Perdido

Una noche de verano. Las estrellas brillaban mas que nunca en el cielo oscuro y limpio. Solo, en el bosque, el silencio era aterrador. Estaba perdido. Pero lo peor no era eso, lo peor era que no sabia como ni por que razon habia llegado hasta alli. Estaba solo, desamparado y confuso. Estaba solo y triste. Pero el cielo era impresionante. Era lo unico que me daba seguridad en aquel ambiente de oscuridad y silencio. En ese momento hubiese querido flotar, volar, alejarme de alli y empaparme de la luz de las estrellas. Viajar al infinito del cielo y perderme en el. Entonces si habria querido estar perdido. Perdido para mi, para todos, para todo. Porque no sabia que hacia en aquel pequeño claro de bosque invadido por la oscuridad de una noche de verano… Sin saber que direccion tomar, opte por sentarme sobre una pequeña piedra que habia mas o menos en el centro de aquel claro. Debia reflexionar. Quiza con un esfuerzo lograse recordar que demonios hacia alli.

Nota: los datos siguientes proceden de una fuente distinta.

-- ===== src/Mint/State.antt =====
-- The accounts by their addresses, the calls of other programs, and the steps of the framework that
-- the instructions share: a new account, a typed account, the request counter.
pub mod Laws
use protocol_core.Base.{
  ℕ, suc, ◌+◌, ◌-◌, ◌≡◌, Bool, true, false, ◌&&◌, Option, none, some, List, [], ◌∷◌, length, ltb,
  ◌==◌, if◌then◌else◌, Result, ok, err, framework, FrameworkError, require, ok_or, ◌>>=◌, ◌>>◌,
}
use protocol_core.Base.Words.{Bytes}
use protocol_core.Base.Bytes.{bytes_eq, put, zeros}
use protocol_core.Chain.{Pubkey, Ledger}
use protocol_core.Counter
use protocol_core.Counter.{Holding}
use protocol_core.Update.State.{Environment, Account, Event, IdentityState, identity_len}
use protocol_core.Recovery.Shared.{program_of}

pub record Cell : Type 0 where
  pub owner : Pubkey
  pub data_bytes : Bytes

pub record Store : Type 0 where
  pub ledger : Ledger
  pub accounts : Pubkey → Cell

-- The calls of the system program and of the token programs, with the accounts and arguments that
-- the source gives them. The seeds that sign a call are those of the address given as authority.
pub data Cpi : Type 0 where
  -- from, to, lamports, space
  create_account : Pubkey → Pubkey → ℕ → ℕ → Cpi
  initialize_non_transferable_mint : Pubkey → Cpi
  -- mint, authority
  initialize_mint_close_authority : Pubkey → Pubkey → Cpi
  -- mint, authority, metadata address
  initialize_metadata_pointer : Pubkey → Pubkey → Pubkey → Cpi
  -- mint, authority, freeze authority, decimals
  initialize_mint2 : Pubkey → Pubkey → Option Pubkey → ℕ → Cpi
  -- mint, authority, name, symbol, address
  token_metadata_initialize : Pubkey → Pubkey → Bytes → Bytes → Bytes → Cpi
  -- payer, associated token account, authority, mint
  create_associated : Pubkey → Pubkey → Pubkey → Pubkey → Cpi
  create_associated_idempotent : Pubkey → Pubkey → Pubkey → Pubkey → Cpi
  -- mint, to, authority, amount
  mint_to : Pubkey → Pubkey → Pubkey → ℕ → Cpi
  -- token account, delegate, authority, amount
  approve : Pubkey → Pubkey → Pubkey → ℕ → Cpi
  -- mint, from, authority, amount
  burn : Pubkey → Pubkey → Pubkey → ℕ → Cpi
  -- account, destination, authority
  close_account : Pubkey → Pubkey → Pubkey → Cpi

-- The other programs. `tlv_size_of` and `try_calculate_account_len` may fail; the predicates are the
-- framework's checks of a mint and of a wallet's associated token account.
pub record Tokens : Type 0 where
  pub invoke_cpi : Cpi → Store → Option Store
  pub metadata_space : Option ℕ
  pub mint_space : Option ℕ
  pub is_mint : Store → Pubkey → Bool
  pub is_associated : Store → Pubkey → Pubkey → Pubkey → Bool

pub record World : Type 0 where
  pub store : Store
  pub events : List Event

-- A remaining account, by its address.
pub record Meta : Type 0 where
  pub key : Pubkey
  pub is_writable : Bool

unfoldable pub set_cell : Store → Pubkey → Cell → Store
set_cell s k c = record s { accounts = λ x. if bytes_eq x k then c else s.accounts x }

abbrev pub cpi_failed : Result Store
cpi_failed = err (framework FrameworkError.cpi_failed)

unfoldable pub transfer_lamports : Environment → Pubkey → Pubkey → ℕ → Store → Result Store
transfer_lamports env a b n s = elim (env.chain.transfer s.ledger a b n) [
  | none ↦ cpi_failed
  | some l ↦ ok (record s { ledger = l })
]

-- `init`: a new account of the program at the address, full of zeros, whose rent the payer pays.
unfoldable pub init_identity : Environment → Pubkey → Pubkey → Store → Result Store
unfolding transfer_lamports
init_identity env payer k s = do
  require
      (bytes_eq (s.accounts k).owner env.system_program && (length (s.accounts k).data_bytes == 0))
      (framework FrameworkError.account_in_use)
  let required = env.chain.minimum_balance identity_len
  let current = s.ledger k
  f ← if ltb current required then transfer_lamports env payer k (required - current) s else ok s
  let new : Cell = record { owner = env.id; data_bytes = zeros identity_len }
  ok (set_cell f k new)

-- `Account<IdentityState>`
unfoldable pub load_identity : Environment → Pubkey → Store → Result IdentityState
load_identity env k s = do
  require (bytes_eq (s.accounts k).owner env.id) (framework FrameworkError.constraint_violated)
  ok_or (env.deserialize (s.accounts k).data_bytes) (framework FrameworkError.constraint_violated)

-- The account is written when the instruction ends.
unfoldable pub exit_identity : Environment → Pubkey → IdentityState → Store → Store
exit_identity env k i s =
    let c = s.accounts k in
    set_cell s k (record { owner = c.owner; data_bytes = put c.data_bytes 0 (env.serialize i) })

-- `close = target`
unfoldable pub close_cell : Environment → Pubkey → Pubkey → Store → Store
close_cell env k target s =
    let f : Store = record s { ledger = env.chain.close s.ledger k target } in
    set_cell f k (record { owner = env.system_program; data_bytes = [] })

-- `proof_request::advance` of an account of the store.
unfoldable pub advance_at : Environment → Pubkey → Pubkey → Meta → Store → Result Store
advance_at env wallet payer m s = do
  let c = s.accounts m.key
  h ←
      Counter.advance (program_of env) m.is_writable true wallet payer
        (record { key = m.key; owner = c.owner; data_bytes = c.data_bytes; ledger = s.ledger })
  let f : Store = record s { ledger = h.ledger }
  ok (set_cell f m.key (record { owner = h.owner; data_bytes = h.data_bytes }))

unfoldable pub run_cpis : Tokens → List Cpi → Store → Result Store
run_cpis tokens [] s = ok s
run_cpis tokens (c ∷ cs) s =
    ok_or (tokens.invoke_cpi c s) (framework FrameworkError.cpi_failed) >>= run_cpis tokens cs
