-- ===== src/Receipt/Policy/Laws.antt =====
-- The anchor's readers and the registry's configuration agree.
use native.Mathlib.Nat.{suc-add}
use protocol_core.Base.{
  ℕ, zero, suc, ◌+◌, ◌≤◌, ◌≡◌, ◌≢◌, refl, ◌↔◌, ◌⊎◌, true, [], ◌∷◌, length, arith, ok,
}
use protocol_core.Base.Int.{ℤ, pos, ◌≤ℤ◌, as_i64}
use protocol_core.Base.Words.{Bytes, from_le_bytes, i64_from_le_bytes, from_le_bytes-zeros}
use protocol_core.Base.Bytes.{bytes_eq_iff, sub, nth, zeros, resize, sub-resize, sub-resize-zeros}
use protocol_core.Registry.Config.{ProtocolConfig, view, config_len}
use protocol_core.Registry.State.{IsLayout}
use protocol_core.Receipt.Policy.{
  ValidatorKeyPolicy, accepts, read_validator_key_policy, ProjectionPolicy, read_u16, stored_policy,
  read_projection_policy,
}

-- A key is accepted exactly if it is the primary one, or a secondary one that is set and whose time
-- has not run out.
pub accepts_iff :
    (p : ValidatorKeyPolicy) (key : Bytes) (now : ℤ)
    → (accepts p key now ≡ true) ↔ (
        (key ≡ p.primary)
        ⊎ ((p.secondary ≢ zeros 32) × (now ≤ℤ p.secondary_valid_until) × (key ≡ p.secondary)))
unfolding accepts
accepts_iff p key now = ground (
  arith,
  bytes_eq_iff key p.primary,
  bytes_eq_iff key p.secondary,
  bytes_eq_iff p.secondary (zeros 32),
)

-- The layouts without and with the rollover fields.
abbrev pub IsKnown : Bytes → Type 0
IsKnown d = IsLayout d × ((length d ≤ 113) ⊎ (length d ≡ config_len))

abbrev pub keys_of : ProtocolConfig → ValidatorKeyPolicy
keys_of c = record {
  primary = c.validator_pubkey;
  secondary = c.secondary_validator_pubkey;
  secondary_valid_until = c.secondary_validator_valid_until;
}

zero_i64 : i64_from_le_bytes (zeros 8) ≡ pos 0
unfolding i64_from_le_bytes from_le_bytes as_i64
zero_i64 = refl

-- On every layout that the registry writes, the anchor reads the key fields of the registry's
-- configuration, where a field that the layout lacks is zero.
pub read_validator_key_policy_lem :
    (d : Bytes)
    → IsKnown d
    → read_validator_key_policy d ≡ ok (keys_of (view (resize d config_len)))
unfolding read_validator_key_policy view
read_validator_key_policy_lem d h = ground (
  arith,
  sub-resize d config_len 77 32,
  sub-resize-zeros d config_len 77 32,
  sub-resize d config_len 145 32,
  sub-resize-zeros d config_len 145 32,
  sub-resize d config_len 177 8,
  sub-resize-zeros d config_len 177 8,
  zero_i64,
)

two_bytes : (d : Bytes) (i : ℕ) → i + 2 ≤ length d → sub d i 2 ≡ nth d i ∷ nth d (i + 1) ∷ []
unfolding sub nth
two_bytes [] i h = absurd (omega arith)
two_bytes (x ∷ []) i h = absurd (omega arith)
two_bytes (x ∷ y ∷ d) zero h = refl
two_bytes (x ∷ y ∷ d) (suc i) h = rw suc-add (two_bytes (y ∷ d) i (omega arith))

pub read_u16_lem :
    (d : Bytes) (i : ℕ) → i + 2 ≤ length d → read_u16 d i ≡ ok (from_le_bytes (sub d i 2))
unfolding read_u16
read_u16_lem d i h = ground (arith, two_bytes d i h)

abbrev pub policy_of : ProtocolConfig → ProjectionPolicy
policy_of c = record {
  current = c.current_projection_version;
  minimum = c.minimum_supported_projection_version;
}

stored_policy_lem :
    (d : Bytes) → IsLayout d → stored_policy d ≡ ok (policy_of (view (resize d config_len)))
unfolding stored_policy view
stored_policy_lem d h = ground (
  arith,
  sub-resize d config_len 109 2,
  sub-resize-zeros d config_len 109 2,
  sub-resize d config_len 111 2,
  sub-resize-zeros d config_len 111 2,
  read_u16_lem d 109,
  read_u16_lem d 111,
  from_le_bytes-zeros 2,
)

-- The anchor reads the registry's projection versions, on every layout, and refuses them only if
-- the minimum exceeds the current one.
pub read_projection_policy_lem :
    (d : Bytes)
    → IsLayout d
    → (policy_of (view (resize d config_len))).minimum
      ≤ (policy_of (view (resize d config_len))).current
    → read_projection_policy d ≡ ok (policy_of (view (resize d config_len)))
unfolding read_projection_policy
read_projection_policy_lem d h k = ground (arith, stored_policy_lem d h)
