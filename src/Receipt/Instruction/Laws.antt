-- ===== src/Receipt/Instruction/Laws.antt =====
-- The parser of the Ed25519 instruction reads only what is there, and nothing from elsewhere.
use protocol_core.Base.{
  ℕ, ◌+◌, ◌-◌, ◌≤◌, ◌≡◌, ◌≢◌, inl, inr, true, some, List, length, arith, ok, err, panic, get_elem?,
  Result-cases, Option-cases,
}
use protocol_core.Base.Int.{ℤ}
use protocol_core.Base.Words.{Bytes, from_le_bytes}
use protocol_core.Base.Bytes.{bytes_eq_iff, sub, nth, length-sub}
use protocol_core.Receipt.Policy.{ValidatorKeyPolicy, accepts, is_configured}
use protocol_core.Receipt.Policy.Laws.{read_u16_lem}
use protocol_core.Receipt.Instruction.{
  Instruction, Sysvar, ed25519_program_id, contains, check_header, parse, preceding,
  load_preceding_ed25519_receipt,
}

abbrev pub u16_at : Bytes → ℕ → ℕ
u16_at d i = from_le_bytes (sub d i 2)

-- One signature, and all its parts in this very instruction.
abbrev pub IsInline : Bytes → Type 0
IsInline d =
    (16 ≤ length d)
    × (nth d 0 ≡ 1)
    × (u16_at d 4 ≡ 65535)
    × (u16_at d 8 ≡ 65535)
    × (u16_at d 14 ≡ 65535)

check_header_lem : (d : Bytes) → check_header d ≡ ok tt → IsInline d
unfolding check_header
check_header_lem d e = ground (arith, read_u16_lem d 4, read_u16_lem d 8, read_u16_lem d 14)

check_header_safe : (d : Bytes) → check_header d ≢ err panic
unfolding check_header
check_header_safe d e = ground (arith, read_u16_lem d 4, read_u16_lem d 8, read_u16_lem d 14)

parse_lem :
    (d : Bytes) (sizes : List ℕ) (keys : ValidatorKeyPolicy) (now : ℤ) {m : Bytes}
    → 16 ≤ length d
    → parse d sizes keys now ≡ ok m
    → (m ≡ sub d (u16_at d 10) (u16_at d 12))
      × (u16_at d 10 + u16_at d 12 ≤ length d)
      × (u16_at d 6 + 32 ≤ length d)
      × (contains sizes (u16_at d 12) ≡ true)
      × (accepts keys (sub d (u16_at d 6) 32) now ≡ true)
unfolding parse
parse_lem d sizes keys now h e =
    ground (arith, read_u16_lem d 6, read_u16_lem d 10, read_u16_lem d 12)

parse_safe :
    (d : Bytes) (sizes : List ℕ) (keys : ValidatorKeyPolicy) (now : ℤ)
    → 16 ≤ length d
    → parse d sizes keys now ≢ err panic
unfolding parse
parse_safe d sizes keys now h e =
    ground (arith, read_u16_lem d 6, read_u16_lem d 10, read_u16_lem d 12)

preceding_lem :
    (v : Sysvar) {i : Instruction}
    → preceding v ≡ ok i
    → (v.current_index ≢ 0) × (get_elem? v.instructions (v.current_index - 1) ≡ some i)
unfolding preceding
preceding_lem v e = elim (Option-cases (get_elem? v.instructions (v.current_index - 1))) [
  | inl n ↦ ground arith
  | inr (i, n) ↦ ground arith
]

preceding_safe : (v : Sysvar) → preceding v ≢ err panic
unfolding preceding
preceding_safe v e = elim (Option-cases (get_elem? v.instructions (v.current_index - 1))) [
  | inl n ↦ ground arith
  | inr (i, n) ↦ ground arith
]

-- The instruction data come from outside, but no data whatever makes the parser read out of bounds.
pub load_preceding_ed25519_receipt_safe :
    (v : Sysvar) (keys : ValidatorKeyPolicy) (sizes : List ℕ) (now : ℤ)
    → load_preceding_ed25519_receipt v keys sizes now ≢ err panic
unfolding load_preceding_ed25519_receipt
load_preceding_ed25519_receipt_safe v keys sizes now e = elim (Result-cases (preceding v)) [
  | inr (x, q) ↦ ground (arith, preceding_safe v)
  | inl (i, q) ↦ elim (Result-cases (check_header i.data_bytes)) [
    | inr (x, c) ↦ ground (arith, check_header_safe i.data_bytes)
    | inl (u, c) ↦ ground (
      arith,
      (check_header_lem i.data_bytes c).0,
      parse_safe i.data_bytes sizes keys now (check_header_lem i.data_bytes c).0,
    )
  ]
]

-- An accepted message is the one that the Ed25519 instruction just before this one carries in its
-- own data, under one signature, by a key that the policy accepts at this time; its size is one of
-- those allowed, and a policy without a primary key accepts none.
pub load_preceding_ed25519_receipt_lem :
    (v : Sysvar) (keys : ValidatorKeyPolicy) (sizes : List ℕ) (now : ℤ) {m : Bytes}
    → load_preceding_ed25519_receipt v keys sizes now ≡ ok m
    → (is_configured keys ≡ true)
      × (i : Instruction) × (v.current_index ≢ 0)
      × (get_elem? v.instructions (v.current_index - 1) ≡ some i)
      × (i.program_id ≡ ed25519_program_id)
      × IsInline i.data_bytes
      × (m ≡ sub i.data_bytes (u16_at i.data_bytes 10) (u16_at i.data_bytes 12))
      × (contains sizes (u16_at i.data_bytes 12) ≡ true)
      × (accepts keys (sub i.data_bytes (u16_at i.data_bytes 6) 32) now ≡ true)
      × (length m ≡ u16_at i.data_bytes 12)
unfolding load_preceding_ed25519_receipt
load_preceding_ed25519_receipt_lem v keys sizes now {m} e = elim (Result-cases (preceding v)) [
  | inr (x, q) ↦ ground arith
  | inl (i, q) ↦ elim (Result-cases (check_header i.data_bytes)) [
    | inr (x, c) ↦ ground arith
    | inl (u, c) ↦
        let inline = check_header_lem i.data_bytes c in
        let parsed : parse i.data_bytes sizes keys now ≡ ok m = ground arith in
        let f = parse_lem i.data_bytes sizes keys now inline.0 parsed in
        (
          ground arith,
          i,
          (preceding_lem v q).0,
          (preceding_lem v q).1,
          ground (arith, bytes_eq_iff i.program_id ed25519_program_id),
          inline,
          f.0,
          f.3,
          f.4,
          ground (
            arith,
            f.0,
            length-sub i.data_bytes (u16_at i.data_bytes 10) (u16_at i.data_bytes 12) f.1,
          ),
        )
  ]
]
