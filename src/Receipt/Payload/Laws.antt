-- ===== src/Receipt/Payload/Laws.antt =====
-- What an accepted receipt says.
use protocol_core.Base.{
  ℕ, ◌≤◌, ◌≡◌, ◌≢◌, refl, inl, inr, Bool, true, false, Option, none, some, [], ◌∷◌, length, arith,
  ◌==◌, if◌then◌else◌, ok, err, panic, Result-cases, Bool-cases,
}
use protocol_core.Base.Int.{ℤ, pos, ◌≤ℤ◌, ◌+ℤ◌, saturating_sub_le}
use protocol_core.Base.Words.{Bytes, from_le_bytes, i64_from_le_bytes}
use protocol_core.Base.Bytes.{bytes_eq_iff, sub, nth}
use protocol_core.Chain.{Pubkey}
use protocol_core.Receipt.Policy.{ValidatorKeyPolicy}
use protocol_core.Receipt.Policy.Laws.{read_u16_lem}
use protocol_core.Receipt.Instruction.{Sysvar, load_preceding_ed25519_receipt}
use protocol_core.Receipt.Instruction.Laws.{load_preceding_ed25519_receipt_safe}
use protocol_core.Receipt.Payload.{
  ReceiptPurpose, purpose_byte, is_mint, ReceiptSession, Fields, receipt_domain, parse_v1,
  parse_session, parse_v2_v3, parse_message, verify_receipt_payload, verify_validator_receipt,
}

-- The layouts, as a relation of the message to its purpose, projection version and fields.
pub data IsReceipt (m : Bytes) (purpose : ReceiptPurpose) (version : ℕ) (f : Fields) : Type 0 where
  v1 :
      length m ≡ 72
      → is_mint purpose ≡ true
      → version ≡ 0
      → f.wallet ≡ sub m 0 32
      → f.commitment ≡ sub m 32 32
      → f.validated_at ≡ i64_from_le_bytes (sub m 64 8)
      → f.session ≡ none
      → IsReceipt m purpose version f
  v2 :
      length m ≡ 103
      → sub m 0 28 ≡ receipt_domain 50
      → nth m 28 ≡ purpose_byte purpose
      → from_le_bytes (sub m 29 2) ≡ version
      → f.wallet ≡ sub m 31 32
      → f.commitment ≡ sub m 63 32
      → f.validated_at ≡ i64_from_le_bytes (sub m 95 8)
      → f.session ≡ none
      → IsReceipt m purpose version f
  v3 :
      (tail : ReceiptSession)
      → length m ≡ 136
      → sub m 0 28 ≡ receipt_domain 51
      → nth m 28 ≡ purpose_byte purpose
      → from_le_bytes (sub m 29 2) ≡ version
      → f.wallet ≡ sub m 31 32
      → f.commitment ≡ sub m 63 32
      → f.validated_at ≡ i64_from_le_bytes (sub m 95 8)
      → f.session ≡ some tail
      → tail.final_digest ≡ sub m 103 32
      → tail.assurance_tier ≡ nth m 135
      → tail.assurance_tier ≤ 2
      → IsReceipt m purpose version f

parse_v1_lem :
    (m : Bytes) (purpose : ReceiptPurpose) (version : ℕ) {f : Fields}
    → length m ≡ 72
    → parse_v1 m purpose version ≡ ok f
    → IsReceipt m purpose version f
unfolding parse_v1
parse_v1_lem m purpose version {f} h e =
    v1 h (ground arith) (ground arith) (ground arith) (ground arith) (ground arith) (ground arith)

parse_v2_lem :
    (m : Bytes) (purpose : ReceiptPurpose) (version : ℕ) {f : Fields}
    → length m ≡ 103
    → parse_v2_v3 false m purpose version ≡ ok f
    → IsReceipt m purpose version f
unfolding parse_v2_v3
parse_v2_lem m purpose version {f} h e =
    let (a, b, c, d, w, x, y) : (sub m 0 28 ≡ receipt_domain 50)
        × (nth m 28 ≡ purpose_byte purpose)
        × (from_le_bytes (sub m 29 2) ≡ version)
        × (f.wallet ≡ sub m 31 32)
        × (f.commitment ≡ sub m 63 32)
        × (f.validated_at ≡ i64_from_le_bytes (sub m 95 8))
        × (f.session ≡ none) =
      ground (arith, read_u16_lem m 29, bytes_eq_iff (sub m 0 28) (receipt_domain 50)) in
    v2 h a b c d w x y

parse_session_lem :
    (m : Bytes) {s : Option ReceiptSession}
    → length m ≡ 136
    → parse_session m ≡ ok s
    → (tail : ReceiptSession) × (s ≡ some tail)
      × (tail.final_digest ≡ sub m 103 32)
      × (tail.assurance_tier ≡ nth m 135)
      × (tail.assurance_tier ≤ 2)
unfolding parse_session
parse_session_lem m h e = (
  record { final_digest = sub m 103 32; assurance_tier = nth m 135 },
  ground arith,
  refl,
  refl,
  ground arith,
)

parse_v3_lem :
    (m : Bytes) (purpose : ReceiptPurpose) (version : ℕ) {f : Fields}
    → length m ≡ 136
    → parse_v2_v3 true m purpose version ≡ ok f
    → IsReceipt m purpose version f
unfolding parse_v2_v3
parse_v3_lem m purpose version {f} h e = elim (Result-cases (parse_session m)) [
  | inr (x, q) ↦ ground (arith, read_u16_lem m 29)
  | inl (s, q) ↦
      let (tail, t0, t1, t2, t3) = parse_session_lem m h q in
      let (a, b, c, d, w, x, y) : (sub m 0 28 ≡ receipt_domain 51)
          × (nth m 28 ≡ purpose_byte purpose)
          × (from_le_bytes (sub m 29 2) ≡ version)
          × (f.wallet ≡ sub m 31 32)
          × (f.commitment ≡ sub m 63 32)
          × (f.validated_at ≡ i64_from_le_bytes (sub m 95 8))
          × (f.session ≡ some tail) =
        ground (arith, read_u16_lem m 29, bytes_eq_iff (sub m 0 28) (receipt_domain 51)) in
      v3 tail h a b c d w x y t1 t2 t3
]

pub parse_message_lem :
    (m : Bytes) (purpose : ReceiptPurpose) (version : ℕ) {f : Fields}
    → parse_message m purpose version ≡ ok f
    → IsReceipt m purpose version f
unfolding parse_message
parse_message_lem m purpose version e = elim (Bool-cases (length m == 72)) [
  | inl a ↦ parse_v1_lem m purpose version (ground arith) (ground arith)
  | inr a ↦ elim (Bool-cases (length m == 103)) [
    | inl b ↦ parse_v2_lem m purpose version (ground arith) (ground arith)
    | inr b ↦ elim (Bool-cases (length m == 136)) [
      | inl c ↦ parse_v3_lem m purpose version (ground arith) (ground arith)
      | inr c ↦ ground arith
    ]
  ]
]

-- An accepted payload has one of the three layouts, names the wallet and the commitment of the
-- instruction, and its time lies at most 300 seconds back and not in the future.
pub verify_receipt_payload_lem :
    (m : Bytes) (wallet : Pubkey) (commitment : Bytes) (purpose : ReceiptPurpose) (version : ℕ)
    (now : ℤ) {session : Option ReceiptSession}
    → verify_receipt_payload m wallet commitment purpose version now ≡ ok session
    → (f : Fields) × IsReceipt m purpose version f
      × (f.wallet ≡ wallet)
      × (f.commitment ≡ commitment)
      × (f.validated_at ≤ℤ now)
      × (now ≤ℤ f.validated_at +ℤ pos 300)
      × (f.session ≡ session)
unfolding verify_receipt_payload
verify_receipt_payload_lem m wallet commitment purpose version now e =
    elim (Result-cases (parse_message m purpose version)) [
      | inr (x, q) ↦ ground arith
      | inl (f, q) ↦ (
        f,
        parse_message_lem m purpose version q,
        ground (arith, bytes_eq_iff f.wallet wallet),
        ground (arith, bytes_eq_iff f.commitment commitment),
        ground arith,
        saturating_sub_le now f.validated_at 300 (omega arith) (ground arith),
        ground arith,
      )
    ]

parse_v1_safe :
    (m : Bytes) (purpose : ReceiptPurpose) (version : ℕ)
    → length m ≡ 72
    → parse_v1 m purpose version ≢ err panic
unfolding parse_v1
parse_v1_safe m purpose version h e = ground arith

parse_session_safe : (m : Bytes) → length m ≡ 136 → parse_session m ≢ err panic
unfolding parse_session
parse_session_safe m h e = ground arith

parse_v2_v3_safe :
    (is_v3 : Bool) (m : Bytes) (purpose : ReceiptPurpose) (version : ℕ)
    → length m ≡ (if is_v3 then 136 else 103)
    → parse_v2_v3 is_v3 m purpose version ≢ err panic
unfolding parse_v2_v3
parse_v2_v3_safe false m purpose version h e = ground (arith, read_u16_lem m 29)
parse_v2_v3_safe true m purpose version h e = elim (Result-cases (parse_session m)) [
  | inr (x, q) ↦ ground (arith, read_u16_lem m 29, parse_session_safe m h)
  | inl (s, q) ↦ ground (arith, read_u16_lem m 29)
]

parse_message_safe :
    (m : Bytes) (purpose : ReceiptPurpose) (version : ℕ)
    → parse_message m purpose version ≢ err panic
unfolding parse_message
parse_message_safe m purpose version e = ground (
  arith,
  parse_v1_safe m purpose version,
  parse_v2_v3_safe false m purpose version,
  parse_v2_v3_safe true m purpose version,
)

verify_receipt_payload_safe :
    (m : Bytes) (wallet : Pubkey) (commitment : Bytes) (purpose : ReceiptPurpose) (version : ℕ)
    (now : ℤ)
    → verify_receipt_payload m wallet commitment purpose version now ≢ err panic
unfolding verify_receipt_payload
verify_receipt_payload_safe m wallet commitment purpose version now e =
    elim (Result-cases (parse_message m purpose version)) [
      | inr (x, q) ↦ ground (arith, parse_message_safe m purpose version)
      | inl (f, q) ↦ ground arith
    ]

-- No transaction, key policy or expectation makes the receipt check panic: every offset that the
-- instruction's header or the message declares is checked before it is read.
pub verify_validator_receipt_safe :
    (v : Sysvar) (keys : ValidatorKeyPolicy) (wallet : Pubkey) (commitment : Bytes)
    (purpose : ReceiptPurpose) (version : ℕ) (now : ℤ)
    → verify_validator_receipt v keys wallet commitment purpose version now ≢ err panic
unfolding verify_validator_receipt
verify_validator_receipt_safe v keys wallet commitment purpose version now e =
    elim (Result-cases (load_preceding_ed25519_receipt v keys (72 ∷ 103 ∷ 136 ∷ []) now)) [
      | inr (x, q) ↦
          ground (arith, load_preceding_ed25519_receipt_safe v keys (72 ∷ 103 ∷ 136 ∷ []) now)
      | inl (m, q) ↦
          ground (arith, verify_receipt_payload_safe m wallet commitment purpose version now)
    ]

Una pequeña brisa se levanto de repente como impulsandome a que la siguiese para poder alejarme de alli. Pero, ay, no era suficiente como para impulsarme y llevarme. Ademas, ¿que estrellas, brisas ni infinitos? Ya no era un niño. No podia ponerme a llorar, como tampoco ponerme a fantasear creyendo que voy a volar como Peter Pan en busca de el reino de Nunca Jamas. En ese momento estaba perdido, y cualquier cosa que me pasase dependia de como actuase desde ese momento. No sabia porque habia acabado en aquel lugar, pero estaba convencido de que poco a poco iria recuperando la memoria.

Al menos, mi nombre no lo habia olvidado, y sabia quien era y cual era mi vida. Pero parecia que me hubiesen arrancado de ella en cualquier instante para llevarme hasta aqui, sin solucion de continuidad. Estaba solo, perdido, angustiado, … pero debia actuar.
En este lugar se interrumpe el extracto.